Gained carboxylic acid (7g) is dissolved in tetracol phenixin (350ml), adds iodosobenzene diacetate esters (8g), iodine (6.2g), under rayed, reflux 2 hours.After the cooling, with sodium thiosulfate solution washing, washing, behind the anhydrous sodium sulfate drying, boil off solvent, resistates is with silica gel column chromatography (ethyl acetate: ethane=1: 99) purify, obtain yellow crystalline 2-cyclopropyl-4-(to fluorophenyl)-3-iodine quinoline 6.6g(yield 75%).
Figure 931178223_IMG110
C 18H 13FIN=389
m.p.140-142℃
IR(KBr,cm -1)3080,3100,1610,1510,1490,1400.
1H-NMR(60MHz,CDCl 3,δ)0.9-1.4(m,4H),2.5-3.0(m,1H),7.0-7.95(m,8H).

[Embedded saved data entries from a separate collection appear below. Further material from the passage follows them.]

-- ===== src/Chain/Retry.antt =====
-- user-server/user_server/chain/retry.py. The two calls of the chain and the clock are parameters; so
-- is the rise of the gas price, which is computed in floats.
use artic_trader.Prelude.{
  ℕ, zero, suc, ◌+◌, ◌-◌, ◌==◌, ltb, String, str_eq, Bool, false, Option, none, some, List, [], ◌∷◌,
  ◌++◌, if◌then◌else◌,
}
use artic_trader.Prelude.Exec.{Result, ok, err}

-- `receipt.get("status")`: a number, a text, or no status.
pub data ReceiptStatus : Type 0 where
  code : ℕ → ReceiptStatus
  text : String → ReceiptStatus
  absent : ReceiptStatus

-- How the wait for a receipt ends: in time with what the chain has, too late, or with an exception.
pub data Wait : Type 0 where
  in_time : Option ReceiptStatus → Wait
  timed_out broken : Wait

pub data SendError : Type 0 where
  raised : SendError

pub data LastError : Type 0 where
  send_failed receipt_timeout exhausted : LastError
  receipt_status : Option ReceiptStatus → LastError

pub record RetryOutcome : Type 0 where
  pub attempts : ℕ
  pub gas_prices : List ℕ
  pub tx_hash : Option String
  pub receipt : Option ReceiptStatus
  pub last_error : Option LastError

-- Times are in milliseconds; `none` of `send` is an exception.
pub record Network (W : Type 0) : Type 0 where
  pub send : ℕ → W → Option String × W
  pub wait_receipt : String → ℕ → W → Wait × W
  pub monotonic : W → ℕ
  pub bumped : ℕ → ℕ

-- status in (1, "0x1")
unfoldable pub is_success : ReceiptStatus → Bool
is_success (code n) = n == 1
is_success (text t) = str_eq t "0x1"
is_success absent = false

-- The locals of the loop.
pub record Tries : Type 0 where
  pub gas : ℕ
  pub attempts : ℕ
  pub gas_prices : List ℕ
  pub last_err : Option LastError

abbrev pub or_exhausted : Option LastError → LastError
or_exhausted none = exhausted
or_exhausted (some e) = e

-- The outcome without a transaction.
unfoldable pub give_up : Tries → RetryOutcome
give_up t = record {
  attempts = t.attempts;
  gas_prices = t.gas_prices;
  tx_hash = none;
  receipt = none;
  last_error = some (or_exhausted t.last_err);
}

abbrev pub done : Tries → String → ReceiptStatus → RetryOutcome
done t tx_hash receipt = record {
  attempts = t.attempts;
  gas_prices = t.gas_prices;
  tx_hash = some tx_hash;
  receipt = some receipt;
  last_error = none;
}

-- What an attempt comes to: the outcome, another attempt, or an exception.
pub data Next : Type 0 where
  return : RetryOutcome → Next
  again : Tries → Next
  raise : Next

module _ {W : Type 0} (net : Network W) where
  abbrev pub failed : LastError → Tries → Next
  failed e t = again (record t { gas = net.bumped t.gas; last_err = some e })

  abbrev pub on_receipt : Tries → String → Wait → Next
  on_receipt t tx_hash timed_out = failed receipt_timeout t
  on_receipt t tx_hash broken = raise
  on_receipt t tx_hash (in_time none) = failed (receipt_status none) t
  on_receipt t tx_hash (in_time (some r)) =
      if is_success r then return (done t tx_hash r) else failed (receipt_status (some r)) t

  -- max(1.0, remaining)
  abbrev pub patience : ℕ → ℕ → W → ℕ
  patience budget start w =
      let remaining = budget - (net.monotonic w - start) in
      if ltb 1000 remaining then remaining else 1000

  abbrev pub on_send : ℕ → ℕ → Tries → Option String × W → Next × W
  on_send budget start t (none, w) = (failed send_failed t, w)
  on_send budget start t (some tx_hash, w) =
      let (r, w') = net.wait_receipt tx_hash (patience budget start w) w in
      (on_receipt t tx_hash r, w')

  -- The counters of an attempt that begins.
  abbrev pub begin : Tries → Tries
  begin t = record t { attempts = t.attempts + 1; gas_prices = t.gas_prices ++ t.gas ∷ [] }

  unfoldable pub attempt : ℕ → ℕ → Tries → W → Next × W
  unfolding is_success
  attempt budget start t w = on_send budget start (begin t) (net.send t.gas w)

  abbrev pub follow :
      (Tries → W → Result SendError RetryOutcome × W) → Next × W → Result SendError RetryOutcome × W
  follow rest (return o, w) = (ok o, w)
  follow rest (raise, w) = (err raised, w)
  follow rest (again t, w) = rest t w

  -- The loop, with the number of attempts that are left.
  unfoldable pub retry : ℕ → ℕ → ℕ → Tries → W → Result SendError RetryOutcome × W
  unfolding give_up attempt
  retry zero budget start t w = (ok (give_up t), w)
  retry (suc left) budget start t w =
      if ltb (net.monotonic w - start) budget
      then follow (λ t w. retry left budget start t w) (attempt budget start t w)
      else (ok (give_up t), w)

  unfoldable pub with_gas_bump : ℕ → ℕ → ℕ → W → Result SendError RetryOutcome × W
  unfolding retry
  with_gas_bump initial_gas_price max_attempts total_budget w =
      retry max_attempts total_budget (net.monotonic w)
        (record { gas = initial_gas_price; attempts = 0; gas_prices = []; last_err = none }) w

MS(m/z)390(M ++1,100),264(60),262(50),260(25).
Reference example 2
Figure 931178223_IMG111
With 7-(2-cyclopropyl-4-(to fluorophenyl) quinoline-3-yl)-3,5-O-isopropylidene-3,5-dihydroxyl-6-heptynoic acid ethyl ester (203mg) is dissolved in THF-H 2O(3:1,10ml), 0 ℃ adds tosic acid (118mg) down, stirred 2 days the ethyl acetate extraction reaction solution under the room temperature, the sodium bicarbonate water washing, saturated aqueous common salt boils off solvent after cleaning, and resistates is with silica gel column chromatography purification (ether: hexane=2: 1), obtain 7-(2-cyclopropyl-4-(to fluorophenyl) quinoline-3-yl)-3,5-dihydroxyl-6-heptynoic acid ethyl ester 150mg(yield 81%).
Figure 931178223_IMG112
C 27H 26O 4NF=447
IR(KBr,cm -1)4000,2200,1720,1595,1550.
1H-NMR(90MHz,CDCl 3,δ)1.0-1.2(m,4H),1.29(t,J=7.3Hz,3H),1.6-2.0(m,3H),2.42(d,J=5.9Hz,2H),2.7-3.0(m,2H),3.42(bd,J=2.9Hz,1H),3.9-4.2(m,1H),4.19(q,J=7.3Hz,2H),4.7-4.9(m,1H),7.0-7.7(m,7H),7.8-8.0(m,1H).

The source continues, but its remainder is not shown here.